OpenMolcas v21.10

Webpage

https://gitlab.com/Molcas/OpenMolcas

Version

v21.10

Build Environment

• Intel Compiler 19.1.2 (intel parallel studio 2020 update 2)
• Intel MKL 2020.0.2 (intel parallel studio 2020 update 2)
• OpenMPI 3.1.0
• cmake 3.16.3

Files Required

• OpenMolcas.tar.gz
  • "git submodule" didn't work in source tree of release tarball. We built a tarball of v21.10 as described below.
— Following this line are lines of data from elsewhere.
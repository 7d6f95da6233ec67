-- ===== src/Arbitration/Worker/Phases.antt =====
-- Passes over the contexts of a worker that run to their end.
use mathlib.Core.Path.{subst}
use zns_emulation_bench.Prelude.{
  ℕ, suc, ◌+◌, ◌^◌, ◌<◌, ◌≡◌, refl, ap, ◌∙◌, List, [], ◌∷◌, length, All, arith,
}
use zns_emulation_bench.Exec.{Exec, done, final}
use zns_emulation_bench.Arbitration.{NsWorkerCtx}
use zns_emulation_bench.Arbitration.Loop.{Thread}
use zns_emulation_bench.Arbitration.Loop.Invariant.{Inv}
use zns_emulation_bench.Arbitration.Loop.Range.{InRange}
use zns_emulation_bench.Arbitration.Worker.{Work, focus, unfocus, put_back, for_each}
use zns_emulation_bench.Arbitration.Worker.Invariant.{
  IsEntry, IsCtx, in_flight, WorkInv, Keeps, then_rest, focus-Inv, for_each-WorkInv,
}

-- A predicate of the contexts by their positions, from `i` on.
abbrev pub AllFrom : (ℕ → NsWorkerCtx → Type 0) → ℕ → List NsWorkerCtx → Type 0
AllFrom P i [] = Unit
AllFrom P i (c ∷ cs) = P i c × AllFrom P (i + 1) cs

-- `f` ends on a context that meets `Pre`, and leaves `Post`; `R k` is what the pool must still hold
-- while `k` contexts are to come.
abbrev pub Ends :
    (ℕ → Thread → Exec Thread)
    → (ℕ → NsWorkerCtx → Type 0)
    → (ℕ → NsWorkerCtx → Type 0)
    → (ℕ → ℕ → Type 0)
    → Type 0
Ends f Pre Post R =
    (i k m : ℕ) (t : Thread)
    → m < 2 ^ 64
    → IsEntry t.ctx.entry
    → Inv m t.ctx.entry (InRange t.ctx.entry) t
    → Pre i t.ctx
    → R (suc k) t.task_pool
    → (t' : Thread) × (f i t ≡ done t') × Post i t'.ctx × R k t'.task_pool

module _ (f : ℕ → Thread → Exec Thread) (keeps : (i : ℕ) → Keeps (f i))
    (Pre Post : ℕ → NsWorkerCtx → Type 0) (R : ℕ → ℕ → Type 0) (ends : Ends f Pre Post R) where
  for_each_passes :
      (i : ℕ) (cs : List NsWorkerCtx) (w : Work) (n : ℕ)
      → n < 2 ^ 64
      → All IsCtx cs
      → w.task_pool + in_flight cs + w.failures ≡ n
      → AllFrom Pre i cs
      → R (length cs) w.task_pool
      → (w' : Work) × (for_each f i cs w ≡ done w')
        × AllFrom Post i w'.ctxs
        × (length w'.ctxs ≡ length cs)
  unfolding for_each
  for_each_passes i [] w n h v b p r = (record w { ctxs = [] }, refl, tt, refl)
  for_each_passes i (c ∷ cs) w n h (vc, v) b (pc, p) r =
      let m : ℕ = w.task_pool + length c.qpair + w.failures in
      let start = focus-Inv m c w vc refl in
      let (t, e, q, r') = ends i (length cs) m (focus c w) (omega arith) vc.entry_ok start pc r in
      let kept : Inv m c.entry (InRange c.entry) t =
        subst (λ x. Inv m c.entry (InRange c.entry) (final x)) e
          (keeps i m c.entry (focus c w) (omega arith) vc.entry_ok start) in
      let (w', e', qs, l) =
        for_each_passes (i + 1) cs (unfocus t cs) (t.task_pool + in_flight cs + t.failures)
          (omega (arith, kept.balance)) v refl p r' in
      (
        record w' { ctxs = t.ctx ∷ w'.ctxs },
        ap (then_rest (for_each f (i + 1) cs) cs) e ∙ ap (put_back t.ctx) e',
        (q, qs),
        ap suc l,
      )

  pub for_each_ends :
      (w : Work) (n : ℕ)
      → n < 2 ^ 64
      → WorkInv n w
      → AllFrom Pre 0 w.ctxs
      → R (length w.ctxs) w.task_pool
      → (w' : Work) × (for_each f 0 w.ctxs w ≡ done w')
        × WorkInv n w'
        × AllFrom Post 0 w'.ctxs
        × (length w'.ctxs ≡ length w.ctxs)
  for_each_ends w n h v p r =
      let (w', e, q, l) = for_each_passes 0 w.ctxs w n h v.contexts v.balance p r in
      (
        w',
        e,
        subst (λ x. WorkInv n (final x)) e
            (for_each-WorkInv f keeps 0 w.ctxs w n h v.contexts v.balance),
        q,
        l,
      )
[user@ccfep v21.10]$ git clone https://gitlab.com/Molcas/OpenMolcas.git
[user@ccfep v21.10]$ cd OpenMolcas
[user@ccfep OpenMolcas]$ git tag
molcas-8.4
molcas-8.4-sp1
v18.09
v19.11
v20.10
v21.02
v21.06
v21.10
[user@ccfep OpenMolcas]$ git checkout refs/tags/v21.10
[user@ccfep OpenMolcas]$ cd ../
[user@ccfep v21.10]$ tar zcvf OpenMolcas.tar.gz OpenMolcas/

• ga-5.8.zip (Global Arrays)
  • Symbolic link /local/apl/lx/openmolcas21.10/ga-5.8 pointing to ga of v20.10 installation.

Build Procedure

(We reused GlobalArrays of v20.10 installation via symbolic link /local/apl/lx/openmolcas21.10/ga-5.8.)

#!/bin/sh

VERSION=v21.10
SOURCEDIR=/home/users/${USER}/Software/OpenMolcas/${VERSION}
TARBALL=${SOURCEDIR}/OpenMolcas.tar.gz

INSTALL_DIR=/local/apl/lx/openmolcas21.10
GAROOT=${INSTALL_DIR}/ga-5.8 # reuse prev version's one
PARALLEL=8

WORKDIR=/work/users/${USER}

export GAROOT
#--------------------------------------------------------
umask 0022
ulimit -s unlimited

export LANG=
export LC_ALL=C

module purge
module load intel/19.1.2
module load mkl/2020.0.2
module load mpi/openmpi/3.1.0/intel20
module load cmake/3.16.3

cd $WORKDIR
if [ -d OpenMolcas ]; then
  mv OpenMolcas OpenMolcas_tmp
  rm -rf OpenMolcas_tmp
fi

tar zxf ${TARBALL}
cd OpenMolcas
git submodule update --init External/libmsym
git submodule update --init External/efp
git submodule update --init External/libwfa

mkdir build && cd build

export FC=mpif90
export CC=mpicc
export CXX=mpicxx

cmake .. -DCMAKE_INSTALL_PREFIX=${INSTALL_DIR} \
         -DMPI_Fortran_COMPILER=${FC} \
         -DMPI_C_COMPILER=${CC} \
         -DMPI_CXX_COMPILER=${CXX} \
         -DMPI=ON \
         -DGA=ON \
         -DOPENMP=ON \
         -DLINALG=MKL \
         -DHDF5=ON \
         -DTOOLS=ON \
         -DFDE=ON \
         -DEFPLIB=ON \
         -DMSYM=ON \
         -DNEVPT2=OFF \
         -DDMRG=OFF \
         -DWFA=ON

make -j${PARALLEL}

export MOLCAS_NPROCS=1
export OMP_NUM_THREADS=1
pymolcas verify

export MOLCAS_NPROCS=2
export OMP_NUM_THREADS=2
pymolcas verify

make install

Test

OpenMolcas test results are copied to /local/apl/lx/openmolcas21.10/test_results directory.

serial

• grayzone: 834 Skipped (not enabled gromacs function)
• there were no errors on manually tested extra/835.input (for WFA).

parallel

• standard: all the tests passed
• additional: following tests were skipped (not available). Other tests have passed without problems.
  • 310, 330, 339, 340, 341, 343, 344, 411, 806, 809, 810, 811, 812, 822, 855
• grayzone: 834 Skipped.

Notes

• Almost the same installation procedure as v20.10.
  • libwfa was enabled additionally in this build.